Sally Kehoe is an Australian former representative rower who was a national champion, three-time Olympian and a representative at multiple world championships. Since 2014 she has held the world-record time in the women's double scull over 2000m.
Sanita Pušpure is a Latvian-born Irish professional rower. She was a back-to-back world champion in the women's single scull winning her title at the 2018 World Rowing Championships in Plovdiv and defending it at the 2019 World Rowing Championships in Ottensheim. She initially competed for Latvia at a junior level, but she moved to Ireland in 2006 and began competing for her adopted country in 2010, before gaining full Irish nationality in 2011. She was selected as the sole rowing competitor for Ireland at the 2012 Summer Olympics, where she did not win a medal. In May 2016, she qualified for the Women's single sculls at the 2016 Summer Olympics. Sanita is now head coach of UCC Rowing Club in Cork, Ireland.
Kara Michelle Kohler is an American female crew rower. She won the bronze medal at the 2012 Summer Olympics in the quadruple sculls event. She also has a World Championship gold medal in the coxless four and a World Championship bronze in the single sculls.
Louise Trappitt is a New Zealand rower. She has won bronze medals at World Rowing Championships in the women's quadruple scull in 2011, and in the women's pair in 2014.
Eve Macfarlane is a New Zealand rower. Described as a "natural rower", she went to the 2009 World Rowing Junior Championships within a few months of having taken up rowing and won a silver medal. She represented New Zealand at the 2012 Summer Olympics in London as the country's youngest Olympian at those games. She was the 2015 world champion in the women's double sculls with Zoe Stevenson. At the 2016 Summer Olympics, they came fourth in the semi-finals and thus missed the A final.

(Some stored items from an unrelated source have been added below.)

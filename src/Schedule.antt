-- ===== src/Schedule.antt =====
-- src/policy.rs, `apply_policy`, `maybe_auto_snapshot` and `head_stale`, and src/schedule.rs: what the
-- scheduler does to a vault. One time `now` stands for all readings of the clock in a call.
pub mod Pace
use soal.Base.{
  ℕ, ◌+◌, ◌-◌, Bool, true, false, not, ◌||◌, Bytes, List, [], ◌∷◌, ◌++◌, ltb, ◌==◌, if◌then◌else◌,
  Option, none, some, Result, ok, err, panic, SoalError, Message,
}
use soal.Content.{ContentHash, codes}
use soal.Content.Hex.{to_hex}
use soal.Disk.{Disk, Io, ◌>>=◌, ◌>>◌, pure, lift}
use soal.Invite.{saturating_add}
use soal.Network.{u64_to_string}
use soal.Policy.{VaultPolicy, PolicyState, snapshot_due, validate}
use soal.Policy.Registry.{
  Json, load_state, save_state, load_policy, save_policy, register_snapshot, apply_retention,
}
use soal.Replication.{PinSet, ensure_local_pins, or_default}
use soal.Vault.{Crates, Vault}
use soal.Vault.Config.{Method, answered, set_min_replicas}
use soal.Vault.Edit.{snapshot}
use soal.Vault.Heads.{head}
use soal.Vault.Objects.{load_commit}
use soal.Vault.Sweep.{gc_all}

pub record ScheduleTick : Type 0 where
  pub vault : Bytes
  pub snapshot : Option Bytes
  pub pins_added : ℕ
  pub snapshots_pruned : ℕ
  pub gc_removed : ℕ
  pub skipped_reason : Option Bytes

-- The state after a snapshot.
unfoldable pub snapped : PolicyState → ℕ → Bytes → PolicyState
snapped s now digits = record {
  last_auto_snapshot_at = now;
  last_auto_snapshot_head = some digits;
  auto_snapshot_count = saturating_add s.auto_snapshot_count 1;
  updated_at = now;
}

module _ (crates : Crates) where
  open crates use {hex}

  unfoldable pub stale_at : VaultPolicy → ℕ → Option ContentHash → Io Bool
  stale_at policy now none = pure false
  stale_at policy now (some h) = do
    c ← load_commit crates h
    pure (ltb policy.max_head_age_secs (now - c.timestamp))

  unfoldable pub head_stale : VaultPolicy → ℕ → Io Bool
  head_stale policy now =
      if policy.max_head_age_secs == 0
      then pure false
      else (do h ← head crates; stale_at policy now h)

  -- `r?` in a method, with the vault that it leaves.
  unfoldable pub then_set :
      VaultPolicy → Vault → Result (Unit {0}) × Disk → Result (Unit {0}) × Vault × Disk
  then_set policy vault (ok u, d) =
      if not (vault.config.min_replicas == policy.min_replicas)
      then set_min_replicas crates policy.min_replicas vault d
      else (ok tt, vault, d)
  then_set policy vault (err e, d) = (err e, vault, d)
  then_set policy vault (panic, d) = (panic, vault, d)

  unfoldable pub apply_policy : VaultPolicy → Method VaultPolicy
  apply_policy policy vault d =
      answered policy (
        then_set policy vault
          ((do lift (validate policy); save_policy crates.policy_json policy) d))

  unfoldable pub auto_message : Bytes → ℕ → Bytes
  auto_message message_prefix now = message_prefix ++ (codes " auto @" ++ u64_to_string now)

  unfoldable pub auto_snapshot : Vault → VaultPolicy → ℕ → Bytes → PolicyState → Io ContentHash
  auto_snapshot vault policy now msg state = do
    h ← snapshot crates vault now msg
    register_snapshot crates.snapshots_json hex now h msg true
    pruned ← apply_retention crates.snapshots_json policy
    save_state crates.state_json (snapped state now (to_hex hex h))
    pure h

  unfoldable pub snapshot_of_head :
      Vault → VaultPolicy → ℕ → Bytes → PolicyState → Option ContentHash → Io (Option ContentHash)
  snapshot_of_head vault policy now message_prefix state none = pure none
  snapshot_of_head vault policy now message_prefix state (some current) = do
    h ← auto_snapshot vault policy now (auto_message message_prefix now) state
    pure (some h)

  unfoldable pub snapshot_if_due :
      Vault → VaultPolicy → ℕ → Bytes → PolicyState → Io (Option ContentHash)
  snapshot_if_due vault policy now message_prefix state =
      if not (snapshot_due policy state now)
      then pure none
      else (do h ← head crates; snapshot_of_head vault policy now message_prefix state h)

  unfoldable pub maybe_auto_snapshot : Vault → VaultPolicy → ℕ → Bytes → Io (Option ContentHash)
  maybe_auto_snapshot vault policy now message_prefix = do
    state ← load_state crates.state_json
    snapshot_if_due vault policy now message_prefix state

  unfoldable pub force_of_head :
      Vault → VaultPolicy → ℕ → Bytes → PolicyState → Option ContentHash → Io ContentHash
  force_of_head vault policy now message state none =
      lift (err (SoalError.other (Message.text "no HEAD to snapshot")))
  force_of_head vault policy now message state (some current) = do
    h ← snapshot crates vault now message
    pruned ← apply_retention crates.snapshots_json policy
    save_state crates.state_json (snapped state now (to_hex hex h))
    pure h

  unfoldable pub force_auto_snapshot : Vault → ℕ → Bytes → Io ContentHash
  force_auto_snapshot vault now message = do
    policy ← load_policy crates.policy_json vault.config.min_replicas
    state ← load_state crates.state_json
    h ← head crates
    force_of_head vault policy now message state h

  unfoldable pub started : Vault → VaultPolicy → Option ContentHash → ScheduleTick
  started vault policy taken = record {
    vault = vault.name;
    snapshot = elim taken [ none ↦ none | some h ↦ some (to_hex hex h) ];
    pins_added = 0;
    snapshots_pruned = 0;
    gc_removed = 0;
    skipped_reason = elim taken [
      | none ↦ some (
          if policy.snapshot_interval_secs == 0
          then codes "auto-snapshot disabled"
          else codes "interval not elapsed")
      | some h ↦ none
    ];
  }

  unfoldable pub is_taken : Option Bytes → Bool
  is_taken none = false
  is_taken (some digits) = true

  -- `none` is a walk over the history that the fuel ended.
  unfoldable pub with_removed : ScheduleTick → Option ℕ → Option ScheduleTick
  with_removed tick none = none
  with_removed tick (some n) = some (record tick { gc_removed = n })

  unfoldable pub collected : ℕ → ScheduleTick → Io (Option ScheduleTick)
  collected fuel tick =
      if ltb 0 tick.snapshots_pruned || is_taken tick.snapshot
      then (do n ← λ d. or_default (some 0) (gc_all crates fuel d); pure (with_removed tick n))
      else pure (some tick)

  unfoldable pub after_pins : ℕ → VaultPolicy → ScheduleTick → Option ℕ → Io (Option ScheduleTick)
  after_pins fuel policy tick none = pure none
  after_pins fuel policy tick (some added) = do
    pruned ← apply_retention crates.snapshots_json policy
    collected fuel (record tick { pins_added = added; snapshots_pruned = pruned })

  module _ (pins_json : Json PinSet) (fuel : ℕ) where
    unfoldable pub run_tick : Vault → VaultPolicy → ℕ → Io (Option ScheduleTick)
    run_tick vault policy now = do
      taken ← maybe_auto_snapshot vault policy now (codes "scheduled")
      added ← ensure_local_pins crates pins_json fuel now
      after_pins fuel policy (started vault policy taken) added

    unfoldable pub push_tick : List ScheduleTick → Option ScheduleTick → Option (List ScheduleTick)
    push_tick ticks none = none
    push_tick ticks (some t) = some (ticks ++ t ∷ [])

    -- The loop, at the times of its rounds.
    unfoldable pub run_rounds :
        Vault → List ℕ → Option (List ScheduleTick) → Io (Option (List ScheduleTick))
    run_rounds vault times none = pure none
    run_rounds vault [] (some ticks) = pure (some ticks)
    run_rounds vault (now ∷ times) (some ticks) = do
      policy ← load_policy crates.policy_json vault.config.min_replicas
      t ← run_tick vault policy now
      run_rounds vault times (push_tick ticks t)

    -- `times` are those at which the deadline lets the loop go on.
    unfoldable pub run_for : Vault → ℕ → List ℕ → Io (Option (List ScheduleTick))
    run_for vault now times = do
      policy ← load_policy crates.policy_json vault.config.min_replicas
      t ← run_tick vault policy now
      run_rounds vault times (push_tick [] t)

Micheen Barbara Thornycroft, is a Zimbabwean female rower. Born in Harare, she competed at the 2012 Summer Olympics and the 2016 Summer Olympics in the single scull events for the national team.
Madeleine Edmunds is an Australian rower. She is a five-time national champion and a 2016 Olympian.
Saiyidah Aisyah Mohamed Rafa’ee, commonly known as Aisyah, is a Singaporean rower. She placed 23rd in the women's single sculls event at the 2016 Summer Olympics, making her Singapore's first Olympic rower.
Brooke Francis is a New Zealand rower. She has twice won the world championship in the double scull alongside Olivia Loe, is the incumbent world champion, and won a silver medal in this class at the 2020 Tokyo Olympics with rowing partner Hannah Osborne, followed by a gold medal at the 2024 Paris Olympics with Lucy Spoors. As of 2021, she has won ten premier national rowing championships.
Amanda Bateman is an Australian representative rower. She is a national champion, has represented at underage and senior world championships and is a 2021 Tokyo Olympian where she competed in the Australian women's double-scull.
Hannah Osborne is a New Zealand rower. A member of the national squad, she qualified for the 2020 Summer Olympics. In a surprise move, she was selected in the double scull alongside Brooke Donoghue, displacing the reigning twice world champion Olivia Loe. Osborne and Donoghue raced to a silver medal in Tokyo.
Michelle Sechser is an American rower. She competed in the women's lightweight double sculls event at the 2020 Summer Olympics. She is set to compete at the 2024 Summer Olympics in the women's lightweight double sculls event.